## Instructions to follow
How does the data below read from its first line through the line containing "(remove_key addr blocks)"? Print those lines exactly.
Extracted information START
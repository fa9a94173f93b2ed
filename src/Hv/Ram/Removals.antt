-- ===== src/Hv/Ram/Removals.antt =====
-- What a round of `dealloc` removes.
use obliteration.Prelude.{
  ℕ, zero, suc, ◌+◌, ◌-◌, ◌*◌, ◌≡◌, ◌≢◌, ◌<◌, ◌≤◌, refl, sym, ap, ◌∙◌, Bool, true, false, none,
  some, [], ◌∷◌, if◌then◌else◌, arith, subst, Bool-cases, inl, inr, ℕ_discrete, Option-cases,
  dec_lt, ◌⊎◌,
}
use native.Mathlib.Nat.{mul-le-mul_right}
use obliteration.Prelude.Steps.{steps_between, steps_count}
use obliteration.Hv.Ram.{
  BlockState, locked, unlocked, Blocks, remove_key, remove_each, unlocked_run, first_in, steps,
  FreeRound, free_waits, freed, free_failed, free_round,
}
use obliteration.Hv.Ram.Blocks.{
  get_block, Ordered, get_block-cons, get_block-nil, get_block-remove, remove_key-Ordered,
  remove_here, remove_later,
}
use obliteration.Hv.Ram.Passes.{state_cases}
use obliteration.Hv.Ram.Frees.{
  get_block-aligned, get_block-below, FirstIn, first_in-none, first_in-FirstIn, RunTo,
  unlocked_run-RunTo,
}

-- The removal of `n` blocks from `addr` on.
pub record Removes (n step addr : ℕ) (blocks : Blocks) : Type 0 where
  pub others :
      (x : ℕ)
      → ((i : ℕ) → i < n → x ≢ addr + i * step)
      → get_block (remove_each n step addr blocks) x ≡ get_block blocks x
  pub gone : (i : ℕ) → i < n → get_block (remove_each n step addr blocks) (addr + i * step) ≡ none
  pub order : Ordered step 0 (remove_each n step addr blocks)

removed :
    (key step lo : ℕ) (blocks : Blocks)
    → Ordered step lo blocks
    → get_block (remove_key key blocks) key ≡ none
removed key step lo [] w = unfold remove_key in get_block-nil key
removed key step lo (b ∷ blocks) w = elim (ℕ_discrete key b.0) [
  | yes here ↦
      ap (λ l. get_block l key) (remove_here key b blocks here)
      ∙ get_block-below step (b.0 + 1) key blocks w.2 (omega arith)
  | no later ↦
      ap (λ l. get_block l key) (remove_later key b blocks later)
      ∙ ground (
        arith,
        get_block-cons b (remove_key key blocks) key,
        removed key step (b.0 + 1) blocks w.2,
      )
]

remove_suc :
    (n step addr : ℕ) (blocks : Blocks)
    → remove_each (suc n) step addr blocks
      ≡ remove_each n step (addr + step) (remove_key addr blocks)
unfolding remove_each
remove_suc n step addr blocks = refl

gone_at :
    (n step addr : ℕ) (first : Blocks) (r : Removes n step (addr + step) first)
    → 0 < step
    → (i : ℕ) → i < suc n
    → get_block first addr ≡ none
    → get_block (remove_each n step (addr + step) first) (addr + i * step) ≡ none
gone_at n step addr first r pos zero h e =
    ap (λ x. get_block (remove_each n step (addr + step) first) x) (omega arith)
    ∙ r.others addr (λ i k same. absurd (omega arith))
    ∙ e
gone_at n step addr first r pos (suc i) h e =
    ap (λ x. get_block (remove_each n step (addr + step) first) x) (omega arith)
    ∙ r.gone i (omega arith)

pub remove_each-Removes :
    (n step addr : ℕ) (blocks : Blocks)
    → 0 < step
    → Ordered step 0 blocks
    → Removes n step addr blocks
remove_each-Removes zero step addr blocks pos w =
    unfold remove_each in
    record { others = λ x h. refl; gone = λ i h. absurd (omega arith); order = w }
remove_each-Removes (suc n) step addr blocks pos w =
    let first = remove_key addr blocks in
    let r =
      remove_each-Removes n step (addr + step) first pos
        (remove_key-Ordered step 0 addr blocks w) in
    record {
      others = λ x h.
          ap (λ l. get_block l x) (remove_suc n step addr blocks)
          ∙ r.others x (λ i k e. h (suc i) (omega arith) (e ∙ omega arith))
          ∙ get_block-remove addr x blocks (λ e. h 0 (omega arith) (e ∙ omega arith));
      gone = λ i h.
          ap (λ l. get_block l (addr + i * step)) (remove_suc n step addr blocks)
          ∙ gone_at n step addr first r pos i h (removed addr step 0 blocks w);
      order = subst (λ l. Ordered step 0 l) (sym (remove_suc n step addr blocks)) r.order;
    }
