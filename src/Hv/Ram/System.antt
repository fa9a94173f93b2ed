-- ===== src/Hv/Ram/System.antt =====
-- The threads that share a `Ram`. A step is what one thread does while it has the mutex, so the steps
-- of different threads may come in any order; a thread that waits takes its next round whenever the
-- condition variable lets it.
use obliteration.Prelude.{
  ℕ, ◌+◌, ◌-◌, ◌%◌, ◌≡◌, Bool, false, ◌==◌, if◌then◌else◌, some, [], ok, done,
}
use obliteration.Hv.Ram.{
  Blocks, in_range, Ram, block_size, lock_waits, taken, refused, lock_round, lock_bounds, drop_lock,
  free_waits, freed, free_failed, free_round, checked_end, alloc,
}

-- What a thread is doing: nothing, a `lock` of a range that has come up to `next`, holding a
-- `LockedMem`, or a `dealloc` of the range from `addr` to `end`.
pub data Phase : Type 0 where
  idle : Phase
  locking : (addr len next : ℕ) → Phase
  holding : (addr len : ℕ) → Phase
  freeing : (addr end : ℕ) → Phase

pub record Sys : Type 0 where
  pub blocks : Blocks
  pub phase : ℕ → Phase

abbrev pub set_phase : (ℕ → Phase) → ℕ → Phase → ℕ → Phase
set_phase phase t p u = if u == t then p else phase u

-- Nothing is allocated, and no thread has called.
abbrev pub initial : Sys
initial = record { blocks = []; phase = λ t. idle }

module _ (commit map decommit : ℕ → ℕ → Bool) (r : Ram) where
  abbrev pub start_of : ℕ → ℕ
  start_of addr = addr - addr % block_size r

  pub data Step (s s' : Sys) : Type 0 where
    allocs :
        (t addr len : ℕ) (after : Blocks)
        → s.phase t ≡ idle
        → alloc commit map r addr len s.blocks ≡ done (ok after)
        → s' ≡ record { blocks = after; phase = set_phase s.phase t (holding addr len) }
        → Step s s'
    lock_starts :
        (t addr len begin end : ℕ)
        → s.phase t ≡ idle
        → lock_bounds r addr len ≡ some (begin, end)
        → s' ≡ record s { phase = set_phase s.phase t (locking addr len begin) }
        → Step s s'
    lock_pauses :
        (t addr len next next' : ℕ) (after : Blocks)
        → s.phase t ≡ locking addr len next
        → lock_round (block_size r) (start_of addr) next (addr + len) s.blocks
          ≡ lock_waits after next'
        → s' ≡ record { blocks = after; phase = set_phase s.phase t (locking addr len next') }
        → Step s s'
    lock_succeeds :
        (t addr len next : ℕ) (after : Blocks)
        → s.phase t ≡ locking addr len next
        → lock_round (block_size r) (start_of addr) next (addr + len) s.blocks ≡ taken after
        → s' ≡ record { blocks = after; phase = set_phase s.phase t (holding addr len) }
        → Step s s'
    lock_fails :
        (t addr len next : ℕ) (after : Blocks)
        → s.phase t ≡ locking addr len next
        → lock_round (block_size r) (start_of addr) next (addr + len) s.blocks ≡ refused after
        → s' ≡ record { blocks = after; phase = set_phase s.phase t idle }
        → Step s s'
    drops :
        (t addr len : ℕ)
        → s.phase t ≡ holding addr len
        → s' ≡ record { blocks = drop_lock r addr len s.blocks; phase = set_phase s.phase t idle }
        → Step s s'
    free_starts :
        (t addr len end : ℕ)
        → s.phase t ≡ idle
        → checked_end r addr len ≡ done (some end)
        → s' ≡ record s { phase = set_phase s.phase t (freeing addr end) }
        → Step s s'
    free_pauses :
        (t addr end next : ℕ) (after : Blocks)
        → s.phase t ≡ freeing addr end
        → free_round decommit (block_size r) addr end s.blocks ≡ free_waits after next
        → s' ≡ record { blocks = after; phase = set_phase s.phase t (freeing next end) }
        → Step s s'
    free_ends :
        (t addr end : ℕ) (after : Blocks)
        → s.phase t ≡ freeing addr end
        → free_round decommit (block_size r) addr end s.blocks ≡ freed after
        → s' ≡ record { blocks = after; phase = set_phase s.phase t idle }
        → Step s s'
    free_breaks :
        (t addr end : ℕ)
        → s.phase t ≡ freeing addr end
        → free_round decommit (block_size r) addr end s.blocks ≡ free_failed
        → s' ≡ record s { phase = set_phase s.phase t idle }
        → Step s s'

  pub data Reach (s : Sys) : Sys → Type 0 where
    start : Reach s s
    onward : {u v : Sys} → Reach s u → Step u v → Reach s v

  -- Whether a thread in that phase has locked the block.
  abbrev pub holds : Phase → ℕ → Bool
  holds idle x = false
  holds (locking addr len next) x = in_range (start_of addr) next x
  holds (holding addr len) x = in_range (start_of addr) (addr + len) x
  holds (freeing addr end) x = false
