-- ===== src/Hv/Ram/Safety.antt =====
-- The blocks that a thread has locked are its own, and stay allocated.
use obliteration.Prelude.{
  ℕ, ◌%◌, ◌≡◌, ◌≢◌, ◌<◌, ◌≤◌, sym, ap, ◌∙◌, Bool, true, false, some, arith, subst, Bool-cases, inl,
  inr, ◌⊎◌, ℕ_discrete,
}
use obliteration.Hv.Ram.{locked, Blocks, Ram, block_size}
use obliteration.Hv.Ram.Blocks.{get_block, Ordered}
use obliteration.Hv.Ram.System.{
  Phase, idle, locking, holding, freeing, Sys, set_phase, start_of, holds,
}

module _ (commit map decommit : ℕ → ℕ → Bool) (r : Ram) (pos : 0 < block_size r) where
  -- How far a call of `lock` has come is at a block, from the start of its range on.
  abbrev pub InStep : Phase → Type 0
  InStep idle = Unit {0}
  InStep (locking addr len next) =
      (next % block_size r ≡ 0) × (start_of commit map decommit r addr ≤ next)
  InStep (holding addr len) = Unit {0}
  InStep (freeing addr end) = Unit {0}

  abbrev pub has : Phase → ℕ → Bool
  has = holds commit map decommit r

  -- The map is in order; each block that a thread has locked is there and locked; no block is locked
  -- by two threads.
  pub record Safe (s : Sys) : Type 0 where
    pub order : Ordered (block_size r) 0 s.blocks
    pub owned :
        (t x : ℕ)
        → x % block_size r ≡ 0
        → has (s.phase t) x ≡ true
        → get_block s.blocks x ≡ some locked
    pub alone :
        (t u x : ℕ)
        → x % block_size r ≡ 0
        → has (s.phase t) x ≡ true
        → has (s.phase u) x ≡ true
        → t ≡ u
    pub in_step : (t : ℕ) → InStep (s.phase t)

  -- A step of thread `t` that touches no block another thread has locked.
  pub record Fair (s : Sys) (t : ℕ) (p : Phase) (after : Blocks) : Type 0 where
    pub keeps :
        (x : ℕ)
        → get_block s.blocks x ≡ some locked
        → has (s.phase t) x ≡ false
        → get_block after x ≡ some locked
    pub takes : (x : ℕ) → x % block_size r ≡ 0 → has p x ≡ true → get_block after x ≡ some locked
    pub fresh :
        (x : ℕ)
        → x % block_size r ≡ 0
        → has p x ≡ true
        → (has (s.phase t) x ≡ true) ⊎ (get_block s.blocks x ≢ some locked)
    pub order : Ordered (block_size r) 0 after
    pub in_step : InStep p

  abbrev pub moved : Sys → ℕ → Phase → Blocks → Sys
  moved s t p after = record { blocks = after; phase = set_phase s.phase t p }

  set_same : (s : Sys) (t u : ℕ) (p : Phase) → u ≡ t → set_phase s.phase t p u ≡ p
  set_same s t u p h = ground arith

  set_other : (s : Sys) (t u : ℕ) (p : Phase) → u ≢ t → set_phase s.phase t p u ≡ s.phase u
  set_other s t u p h = ground arith

  not_mine :
      (s : Sys) (t u x : ℕ)
      → Safe s
      → u ≢ t
      → x % block_size r ≡ 0
      → has (s.phase u) x ≡ true
      → has (s.phase t) x ≡ false
  not_mine s t u x i ne al h = elim (Bool-cases (has (s.phase t) x)) [
    | inr free ↦ free
    | inl mine ↦ absurd (ne (i.alone u t x al h mine))
  ]

  no_overlap :
      (s : Sys) (t u x : ℕ) (p : Phase) (after : Blocks)
      → Safe s
      → Fair s t p after
      → u ≢ t
      → x % block_size r ≡ 0
      → has p x ≡ true
      → has (s.phase u) x ≡ true
      → ⊥
  no_overlap s t u x p after i f ne al h k = elim (f.fresh x al h) [
    | inl mine ↦ ne (i.alone u t x al k mine)
    | inr other ↦ other (i.owned u x al k)
  ]

  pub Fair-Safe :
      (s : Sys) (t : ℕ) (p : Phase) (after : Blocks)
      → Safe s
      → Fair s t p after
      → Safe (moved s t p after)
  Fair-Safe s t p after i f = record {
    order = f.order;
    owned = owned;
    alone = alone;
    in_step = in_step;
  }
    where
      owned :
          (u x : ℕ)
          → x % block_size r ≡ 0
          → has (set_phase s.phase t p u) x ≡ true
          → get_block after x ≡ some locked
      owned u x al h = elim (ℕ_discrete u t) [
        | yes same ↦ f.takes x al (sym (ap (λ q. has q x) (set_same s t u p same)) ∙ h)
        | no ne ↦
            let k = sym (ap (λ q. has q x) (set_other s t u p ne)) ∙ h in
            f.keeps x (i.owned u x al k) (not_mine s t u x i ne al k)
      ]

      alone :
          (u v x : ℕ)
          → x % block_size r ≡ 0
          → has (set_phase s.phase t p u) x ≡ true
          → has (set_phase s.phase t p v) x ≡ true
          → u ≡ v
      alone u v x al h k = elim (ℕ_discrete u t) [
        | yes same ↦ elim (ℕ_discrete v t) [
          | yes same' ↦ same ∙ sym same'
          | no ne ↦ absurd (
              no_overlap s t v x p after i f ne al
                (sym (ap (λ q. has q x) (set_same s t u p same)) ∙ h)
                (sym (ap (λ q. has q x) (set_other s t v p ne)) ∙ k))
        ]
        | no ne ↦ elim (ℕ_discrete v t) [
          | yes same' ↦ absurd (
              no_overlap s t u x p after i f ne al
                (sym (ap (λ q. has q x) (set_same s t v p same')) ∙ k)
                (sym (ap (λ q. has q x) (set_other s t u p ne)) ∙ h))
          | no ne' ↦
              i.alone u v x al (sym (ap (λ q. has q x) (set_other s t u p ne)) ∙ h)
                (sym (ap (λ q. has q x) (set_other s t v p ne')) ∙ k)
        ]
      ]

      in_step : (u : ℕ) → InStep (set_phase s.phase t p u)
      in_step u = elim (ℕ_discrete u t) [
        | yes same ↦ subst InStep (sym (set_same s t u p same)) f.in_step
        | no ne ↦ subst InStep (sym (set_other s t u p ne)) (i.in_step u)
      ]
Extracted information END
## Response below
repository fa9a94173f93b2ed
filename src/Hv/Ram/Removals.antt
-- ===== src/Hv/Ram/Removals.antt =====
-- What a round of `dealloc` removes.
use obliteration.Prelude.{
  ℕ, zero, suc, ◌+◌, ◌-◌, ◌*◌, ◌≡◌, ◌≢◌, ◌<◌, ◌≤◌, refl, sym, ap, ◌∙◌, Bool, true, false, none,
  some, [], ◌∷◌, if◌then◌else◌, arith, subst, Bool-cases, inl, inr, ℕ_discrete, Option-cases,
  dec_lt, ◌⊎◌,
}
use native.Mathlib.Nat.{mul-le-mul_right}
use obliteration.Prelude.Steps.{steps_between, steps_count}
use obliteration.Hv.Ram.{
  BlockState, locked, unlocked, Blocks, remove_key, remove_each, unlocked_run, first_in, steps,
  FreeRound, free_waits, freed, free_failed, free_round,
}
use obliteration.Hv.Ram.Blocks.{
  get_block, Ordered, get_block-cons, get_block-nil, get_block-remove, remove_key-Ordered,
  remove_here, remove_later,
}
use obliteration.Hv.Ram.Passes.{state_cases}
use obliteration.Hv.Ram.Frees.{
  get_block-aligned, get_block-below, FirstIn, first_in-none, first_in-FirstIn, RunTo,
  unlocked_run-RunTo,
}

-- The removal of `n` blocks from `addr` on.
pub record Removes (n step addr : ℕ) (blocks : Blocks) : Type 0 where
  pub others :
      (x : ℕ)
      → ((i : ℕ) → i < n → x ≢ addr + i * step)
      → get_block (remove_each n step addr blocks) x ≡ get_block blocks x
  pub gone : (i : ℕ) → i < n → get_block (remove_each n step addr blocks) (addr + i * step) ≡ none
  pub order : Ordered step 0 (remove_each n step addr blocks)

removed :
    (key step lo : ℕ) (blocks : Blocks)
    → Ordered step lo blocks
    → get_block (remove_key key blocks) key ≡ none
removed key step lo [] w = unfold remove_key in get_block-nil key
removed key step lo (b ∷ blocks) w = elim (ℕ_discrete key b.0) [
  | yes here ↦
      ap (λ l. get_block l key) (remove_here key b blocks here)
      ∙ get_block-below step (b.0 + 1) key blocks w.2 (omega arith)
  | no later ↦
      ap (λ l. get_block l key) (remove_later key b blocks later)
      ∙ ground (
        arith,
        get_block-cons b (remove_key key blocks) key,
        removed key step (b.0 + 1) blocks w.2,
      )
]

remove_suc :
    (n step addr : ℕ) (blocks : Blocks)
    → remove_each (suc n) step addr blocks
      ≡ remove_each n step (addr + step) (remove_key addr blocks)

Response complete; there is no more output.